Alaafin of Oyo
- Reign: 1833-1835
- Predecessor: Amodo
- Successor: Atiba Atobatele
- Died: 1835 Ilorin
- House: Oranyan

= Oluewu =

Alaafin (emperor) of the Oyo empire

Oluewu was the Alaafin (emperor) of the Oyo empire in northwestern Yorubaland, West Africa, from 1833-1835. He attempted to re-establish Oyo's predominance in the region, but his decisive defeat and death at the Battle of Ilorin in 1835 instead marked the end of Oyo's imperial period.

==Reign==
Tall and handsome, Oluewu was the son of the earlier Alaafin Awole. Upon his accession to the throne in 1833 Oluewu was determined to restore the glory of the Oyo Empire, much diminished since the rebellions and wars of the 1810s and 1820s.
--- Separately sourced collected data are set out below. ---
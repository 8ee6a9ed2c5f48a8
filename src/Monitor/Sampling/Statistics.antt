-- ===== src/Monitor/Sampling/Statistics.antt =====
-- The numbers of samples that tools/ibs_monitor/ibs_monitor.c prints at its end.
use amd_ibs_toolkit.Base.{
  ℕ, zero, suc, ◌+◌, ◌/◌, ◌%◌, ◌^◌, ◌≡◌, refl, arith, Bool, true, false, ◌==◌, if◌then◌else◌,
  Bool-cases, inl, inr,
}
use amd_ibs_toolkit.Base.{Option, none, some, ◌>>=◌, List, [], ◌∷◌, ◌++◌, length, length-append}
use amd_ibs_toolkit.Library.State.{System, ReadData, read_call}
use amd_ibs_toolkit.Monitor.Sampling

-- The number is the length of the file, modulo 2 ^ 64, where there is a file.
abbrev pub Matches {ℓ} : {A : Type ℓ} → ℕ → Option (List A) → Type 0
Matches n none = Unit
Matches n (some written) = n ≡ length written % 2 ^ 64

length-items_of {ℓ} :
    {A : Type ℓ} (n : ℕ) (buffer : ℕ → A) → length (Sampling.items_of n buffer) ≡ n
length-items_of zero buffer = refl
length-items_of (suc n) buffer =
    omega
      (arith, length-append (Sampling.items_of n buffer) (buffer n ∷ []), length-items_of n buffer)

write-Matches {ℓ} :
    {A : Type ℓ} (n k : ℕ) (buffer : ℕ → A) (file : Option (List A))
    → Matches n file
    → Matches ((n + k) % 2 ^ 64) (Sampling.write (Sampling.items_of k buffer) file)
write-Matches n k buffer none m = tt
write-Matches n k buffer (some written) m =
    omega (arith, m, length-append written (Sampling.items_of k buffer), length-items_of k buffer)

-- Both counters match their files.
abbrev pub Counted : Sampling.Sampler → Type 0
Counted st = Matches st.n_op_samples st.op_file × Matches st.n_fetch_samples st.fetch_file

if-Counted :
    (b : Bool) (x y : Sampling.Sampler) → Counted x → Counted y → Counted (if b then x else y)
if-Counted true x y p q = p
if-Counted false x y p q = q

-- `Counted` of a state that there may be.
abbrev CountedIf : Option Sampling.Sampler → Type 0
CountedIf none = Unit
CountedIf (some st) = Counted st

CountedIf-some :
    (out : Option Sampling.Sampler) (st : Sampling.Sampler)
    → CountedIf out
    → out ≡ some st
    → Counted st
CountedIf-some none st c e = absurd (cc e)
CountedIf-some (some s) st c e = let same : s ≡ st = cc e in rw (← same) c

module _ (sys : System) where
  keep_op_data-Counted :
      (fd : ℕ) (answer : Option ReadData) (st : Sampling.Sampler)
      → Counted st
      → Counted (Sampling.keep_op_data sys fd answer st)
  unfolding Sampling.keep_op_data Sampling.ask
  keep_op_data-Counted fd none st c = c
  keep_op_data-Counted fd (some d) st c = elim (Bool-cases (d.bytes_read == 0)) [
    | inl nothing ↦ rw nothing c
    | inr something ↦ rw something (
      write-Matches st.n_op_samples (d.bytes_read / Sampling.size_of_ibs_op) d.ops st.op_file c.0,
      c.1,
    )
  ]

  keep_fetch_data-Counted :
      (fd : ℕ) (answer : Option ReadData) (st : Sampling.Sampler)
      → Counted st
      → Counted (Sampling.keep_fetch_data sys fd answer st)
  unfolding Sampling.keep_fetch_data Sampling.ask
  keep_fetch_data-Counted fd none st c = c
  keep_fetch_data-Counted fd (some d) st c = elim (Bool-cases (d.bytes_read == 0)) [
    | inl nothing ↦ rw nothing c
    | inr something ↦ rw something (
      c.0,
      write-Matches st.n_fetch_samples (d.bytes_read / Sampling.size_of_ibs_fetch) d.fetches
          st.fetch_file c.1,
    )
  ]

  read_ops-Counted :
      (size : ℕ) (revents : ℕ → Bool) (fds : List ℕ) (st : Sampling.Sampler)
      → Counted st
      → Counted (Sampling.read_ops sys size revents fds st)
  unfolding Sampling.read_ops Sampling.read_and_write_op_data
  read_ops-Counted size revents [] st c = c
  read_ops-Counted size revents (fd ∷ fds) st c =
      let asked = Sampling.call (read_call fd size) st in
      let got = Sampling.keep_op_data sys fd (sys.read st.calls fd size) asked in
      read_ops-Counted size revents fds (if revents fd then got else st) (
        if-Counted (revents fd) got st (keep_op_data-Counted fd (sys.read st.calls fd size) asked c)
          c)

  read_fetches-Counted :
      (size : ℕ) (revents : ℕ → Bool) (fds : List ℕ) (st : Sampling.Sampler)
      → Counted st
      → Counted (Sampling.read_fetches sys size revents fds st)
  unfolding Sampling.read_fetches Sampling.read_and_write_fetch_data
  read_fetches-Counted size revents [] st c = c
  read_fetches-Counted size revents (fd ∷ fds) st c =
      let asked = Sampling.call (read_call fd size) st in
      let got = Sampling.keep_fetch_data sys fd (sys.read st.calls fd size) asked in
      read_fetches-Counted size revents fds (if revents fd then got else st) (
        if-Counted (revents fd) got st
          (keep_fetch_data-Counted fd (sys.read st.calls fd size) asked c) c)

  both-Counted :
      (size : ℕ) (revents : ℕ → Bool) (ops fetches : List ℕ) (st : Sampling.Sampler)
      → Counted st
      → Counted (
          Sampling.read_fetches sys size revents fetches
            (Sampling.read_ops sys size revents ops st))
  both-Counted size revents ops fetches st c =
      read_fetches-Counted size revents fetches (Sampling.read_ops sys size revents ops st)
        (read_ops-Counted size revents ops st c)

  reset-Counted :
      (fds : List ℕ) (st : Sampling.Sampler)
      → Counted st
      → Counted (Sampling.reset_ibs_buffers sys fds st)
  unfolding Sampling.reset_ibs_buffers Sampling.ask
  reset-Counted [] st c = c
  reset-Counted (fd ∷ fds) st c =
      reset-Counted fds (Sampling.ask sys Sampling.reset_buffer 0 fd st) c

  disable_ibs-Counted :
      (fds : List ℕ) (st : Sampling.Sampler)
      → Counted st
      → Counted (Sampling.disable_ibs sys fds st)
  unfolding Sampling.disable_ibs Sampling.ask
  disable_ibs-Counted [] st c = c
  disable_ibs-Counted (fd ∷ fds) st c =
      disable_ibs-Counted fds
        (Sampling.call (Sampling.close_call fd) (Sampling.ask sys Sampling.ibs_disable 0 fd st)) c

  poll_all-Counted :
      (size : ℕ) (ops fetches : List ℕ) (polls : List Sampling.Polled) (st : Sampling.Sampler)
      → Counted st
      → CountedIf (Sampling.poll_all sys size ops fetches polls st)
  unfolding Sampling.poll_all Sampling.poll_ibs
  poll_all-Counted size ops fetches [] st c = c
  poll_all-Counted size ops fetches (Sampling.poll_error ∷ polls) st c = tt
  poll_all-Counted size ops fetches (Sampling.nothing_ready ∷ polls) st c =
      poll_all-Counted size ops fetches polls st c
  poll_all-Counted size ops fetches (Sampling.ready revents ∷ polls) st c =
      poll_all-Counted size ops fetches polls
        (Sampling.read_fetches sys size revents fetches (Sampling.read_ops sys size revents ops st))
        (both-Counted size revents ops fetches st c)

  end-Counted :
      (size : ℕ) (ops fetches : List ℕ) (polled : Option Sampling.Sampler)
      → CountedIf polled
      → CountedIf (
          polled >>= (λ st. some (
            Sampling.disable_ibs sys
              (ops ++ fetches)
              (Sampling.flush_ibs_buffers sys size ops fetches st))))
  unfolding Sampling.flush_ibs_buffers
  end-Counted size ops fetches none c = tt
  end-Counted size ops fetches (some st) c =
      let all = λ (fd : ℕ). true in
      disable_ibs-Counted (ops ++ fetches)
        (Sampling.read_fetches sys size all fetches (Sampling.read_ops sys size all ops st))
        (both-Counted size all ops fetches st c)

  -- If each counter of samples is the number of structures in its file, modulo 2 ^ 64, where there
  -- is a file, then that is so again when the parent has reset the buffers, polled until the child
  -- ended, flushed and disabled IBS.
  pub sample-Counted :
      (size : ℕ) (ops fetches : List ℕ) (polls : List Sampling.Polled) (st st' : Sampling.Sampler)
      → Counted st
      → Sampling.sample sys size ops fetches polls st ≡ some st'
      → Counted st'
  unfolding Sampling.sample
  sample-Counted size ops fetches polls st st' c e =
      let start = Sampling.reset_ibs_buffers sys (ops ++ fetches) st in
      CountedIf-some (Sampling.sample sys size ops fetches polls st) st'
        (end-Counted size ops fetches (Sampling.poll_all sys size ops fetches polls start)
          (poll_all-Counted size ops fetches polls start (reset-Counted (ops ++ fetches) st c)))
        e
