-- ===== src/Monitor/Sampling/Descriptors.antt =====
-- What `main` of tools/ibs_monitor/ibs_monitor.c does with the descriptors in `fds`.
use amd_ibs_toolkit.Base.{
  ℕ, ◌+◌, ◌≡◌, refl, sym, arith, ap, ◌∙◌, Bool, true, false, ◌==◌, if◌then◌else◌, Bool-cases, inl,
  inr,
}
use amd_ibs_toolkit.Base.{Option, none, some, ◌>>=◌, List, [], ◌∷◌, ◌++◌}
use mathlib.Core.Bool.{true≢false}
use amd_ibs_toolkit.Library.State.{System, ReadData, read_call}
use amd_ibs_toolkit.Library.Initialize.Descriptors.{one, closes}
use amd_ibs_toolkit.Monitor.Sampling

-- How often a descriptor occurs in a list.
abbrev pub occurs : ℕ → List ℕ → ℕ
occurs fd [] = 0
occurs fd (n ∷ fds) = one (n == fd) + occurs fd fds

-- No answer of `poll` is an error.
abbrev pub never_fails : List Sampling.Polled → Bool
never_fails [] = true
never_fails (Sampling.poll_error ∷ polls) = false
never_fails (Sampling.nothing_ready ∷ polls) = never_fails polls
never_fails (Sampling.ready revents ∷ polls) = never_fails polls

module _ (sys : System) (fd : ℕ) where
  if_closes :
      (b : Bool) (x y : Sampling.Sampler)
      → closes fd x.calls ≡ closes fd y.calls
      → closes fd (if b then x else y).calls ≡ closes fd y.calls
  if_closes true x y e = e
  if_closes false x y e = refl

  keep_op_data_closes :
      (n : ℕ) (answer : Option ReadData) (st : Sampling.Sampler)
      → closes fd (Sampling.keep_op_data sys n answer st).calls ≡ closes fd st.calls
  unfolding Sampling.keep_op_data Sampling.ask
  keep_op_data_closes n none st = refl
  keep_op_data_closes n (some d) st = elim (Bool-cases (d.bytes_read == 0)) [
    | inl nothing ↦ rw nothing refl
    | inr something ↦ rw something (omega arith)
  ]

  keep_fetch_data_closes :
      (n : ℕ) (answer : Option ReadData) (st : Sampling.Sampler)
      → closes fd (Sampling.keep_fetch_data sys n answer st).calls ≡ closes fd st.calls
  unfolding Sampling.keep_fetch_data Sampling.ask
  keep_fetch_data_closes n none st = refl
  keep_fetch_data_closes n (some d) st = elim (Bool-cases (d.bytes_read == 0)) [
    | inl nothing ↦ rw nothing refl
    | inr something ↦ rw something (omega arith)
  ]

  read_ops_closes :
      (size : ℕ) (revents : ℕ → Bool) (fds : List ℕ) (st : Sampling.Sampler)
      → closes fd (Sampling.read_ops sys size revents fds st).calls ≡ closes fd st.calls
  unfolding Sampling.read_ops Sampling.read_and_write_op_data
  read_ops_closes size revents [] st = refl
  read_ops_closes size revents (n ∷ fds) st =
      let asked = Sampling.call (read_call n size) st in
      let got = Sampling.keep_op_data sys n (sys.read st.calls n size) asked in
      read_ops_closes size revents fds (if revents n then got else st)
      ∙ if_closes (revents n) got st
          (keep_op_data_closes n (sys.read st.calls n size) asked ∙ omega arith)

  read_fetches_closes :
      (size : ℕ) (revents : ℕ → Bool) (fds : List ℕ) (st : Sampling.Sampler)
      → closes fd (Sampling.read_fetches sys size revents fds st).calls ≡ closes fd st.calls
  unfolding Sampling.read_fetches Sampling.read_and_write_fetch_data
  read_fetches_closes size revents [] st = refl
  read_fetches_closes size revents (n ∷ fds) st =
      let asked = Sampling.call (read_call n size) st in
      let got = Sampling.keep_fetch_data sys n (sys.read st.calls n size) asked in
      read_fetches_closes size revents fds (if revents n then got else st)
      ∙ if_closes (revents n) got st
          (keep_fetch_data_closes n (sys.read st.calls n size) asked ∙ omega arith)

  reset_closes :
      (fds : List ℕ) (st : Sampling.Sampler)
      → closes fd (Sampling.reset_ibs_buffers sys fds st).calls ≡ closes fd st.calls
  unfolding Sampling.reset_ibs_buffers Sampling.ask
  reset_closes [] st = refl
  reset_closes (n ∷ fds) st =
      reset_closes fds (Sampling.ask sys Sampling.reset_buffer 0 n st) ∙ omega arith

  disable_ibs_closes :
      (fds : List ℕ) (st : Sampling.Sampler)
      → closes fd (Sampling.disable_ibs sys fds st).calls ≡ closes fd st.calls + occurs fd fds
  unfolding Sampling.disable_ibs Sampling.ask
  disable_ibs_closes [] st = omega arith
  disable_ibs_closes (n ∷ fds) st =
      let asked = Sampling.ask sys Sampling.ibs_disable 0 n st in
      disable_ibs_closes fds (Sampling.call (Sampling.close_call n) asked) ∙ omega arith

  both_closes :
      (size : ℕ) (revents : ℕ → Bool) (ops fetches : List ℕ) (st : Sampling.Sampler)
      → closes fd
          (Sampling.read_fetches sys size revents fetches
            (Sampling.read_ops sys size revents ops st)).calls
        ≡ closes fd st.calls
  both_closes size revents ops fetches st =
      read_fetches_closes size revents fetches (Sampling.read_ops sys size revents ops st)
      ∙ read_ops_closes size revents ops st

  -- A state that there may be, with a number of calls of `close`.
  abbrev ClosedIf : ℕ → Option Sampling.Sampler → Type 0
  ClosedIf n none = Unit
  ClosedIf n (some st) = closes fd st.calls ≡ n

  poll_all_closes :
      (size : ℕ) (ops fetches : List ℕ) (polls : List Sampling.Polled) (n : ℕ)
      (st : Sampling.Sampler)
      → closes fd st.calls ≡ n
      → ClosedIf n (Sampling.poll_all sys size ops fetches polls st)
  unfolding Sampling.poll_all Sampling.poll_ibs
  poll_all_closes size ops fetches [] n st e = e
  poll_all_closes size ops fetches (Sampling.poll_error ∷ polls) n st e = tt
  poll_all_closes size ops fetches (Sampling.nothing_ready ∷ polls) n st e =
      poll_all_closes size ops fetches polls n st e
  poll_all_closes size ops fetches (Sampling.ready revents ∷ polls) n st e =
      poll_all_closes size ops fetches polls n
        (Sampling.read_fetches sys size revents fetches (Sampling.read_ops sys size revents ops st))
        (both_closes size revents ops fetches st ∙ e)

  end_closes :
      (size : ℕ) (ops fetches : List ℕ) (n : ℕ) (polled : Option Sampling.Sampler)
      (st' : Sampling.Sampler)
      → ClosedIf n polled
      → (polled >>= (λ st. some (
          Sampling.disable_ibs sys
            (ops ++ fetches)
            (Sampling.flush_ibs_buffers sys size ops fetches st))))
        ≡ some st'
      → closes fd st'.calls ≡ n + occurs fd (ops ++ fetches)
  unfolding Sampling.flush_ibs_buffers
  end_closes size ops fetches n none st' c e = absurd (cc e)
  end_closes size ops fetches n (some st) st' c e =
      let all = λ (fd : ℕ). true in
      let flushed =
        Sampling.read_fetches sys size all fetches (Sampling.read_ops sys size all ops st) in
      let same : Sampling.disable_ibs sys (ops ++ fetches) flushed ≡ st' = cc e in
      rw (← same) (
        disable_ibs_closes (ops ++ fetches) flushed
        ∙ ap (λ k. k + occurs fd (ops ++ fetches)) (both_closes size all ops fetches st ∙ c))

  sample-closed :
      (size : ℕ) (ops fetches : List ℕ) (polls : List Sampling.Polled) (st st' : Sampling.Sampler)
      → Sampling.sample sys size ops fetches polls st ≡ some st'
      → closes fd st'.calls ≡ closes fd st.calls + occurs fd (ops ++ fetches)
  unfolding Sampling.sample
  sample-closed size ops fetches polls st st' e =
      let start = Sampling.reset_ibs_buffers sys (ops ++ fetches) st in
      end_closes size ops fetches (closes fd st.calls)
        (Sampling.poll_all sys size ops fetches polls start) st'
        (poll_all_closes size ops fetches polls (closes fd st.calls) start
          (reset_closes (ops ++ fetches) st))
        e

  poll_all-returns :
      (size : ℕ) (ops fetches : List ℕ) (polls : List Sampling.Polled) (st : Sampling.Sampler)
      → never_fails polls ≡ true
      → (polled : Sampling.Sampler) × (Sampling.poll_all sys size ops fetches polls st
          ≡ some polled)
  unfolding Sampling.poll_all Sampling.poll_ibs
  poll_all-returns size ops fetches [] st works = (st, refl)
  poll_all-returns size ops fetches (Sampling.poll_error ∷ polls) st works =
      absurd (true≢false (sym works))
  poll_all-returns size ops fetches (Sampling.nothing_ready ∷ polls) st works =
      poll_all-returns size ops fetches polls st works
  poll_all-returns size ops fetches (Sampling.ready revents ∷ polls) st works =
      poll_all-returns size ops fetches polls
        (Sampling.read_fetches sys size revents fetches (Sampling.read_ops sys size revents ops st))
        works

  -- If `poll` never fails, the parent ends its sampling when the child has ended, and has then
  -- passed each descriptor to `close` as often as it stands in `fds`, and no more.
  pub sample-ends :
      (size : ℕ) (ops fetches : List ℕ) (polls : List Sampling.Polled) (st : Sampling.Sampler)
      → never_fails polls ≡ true
      → (st' : Sampling.Sampler) × (Sampling.sample sys size ops fetches polls st ≡ some st')
        × (closes fd st'.calls ≡ closes fd st.calls + occurs fd (ops ++ fetches))
  unfolding Sampling.sample
  sample-ends size ops fetches polls st works =
      let fds = ops ++ fetches in
      let start = Sampling.reset_ibs_buffers sys fds st in
      let (polled, e) = poll_all-returns size ops fetches polls start works in
      let last =
        Sampling.disable_ibs sys fds (Sampling.flush_ibs_buffers sys size ops fetches polled) in
      let ends : Sampling.sample sys size ops fetches polls st ≡ some last = rw e refl in
      (last, ends, sample-closed size ops fetches polls st last ends)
In particular, his target was the city of Ilorin, where a Fula-led Islamic emirate had taken root and grown to become the most powerful state in the region.

The Emir of Ilorin 'invited' Oluewu to come and pay homage to him, but stole the royal drum when he tried to leave. A second invitation was refused; instead, Oluewu began to raise troops and turn Yoruba towns away from their new master and back to their traditional loyalty to Oyo. He also built an alliance with Borgu.

The campaign started well. The Borgawa archers dislodged the Ilorin army besieging the small town of Gbodo, and many of the Ilorin cavalry drowned in flooded streams while fleeing the battlefield. When the Alaafin's army attacked Ilorin city, they nearly routed the defenders. But in the second day of fighting, one wing of the allied force collapsed, and Oluewu was surrounded. His eldest son galloped up to his father, saluted him goodbye, and plunged into the thick of the battle. Both father and son died on the battlefield, marking the final collapse of the Oyo Empire.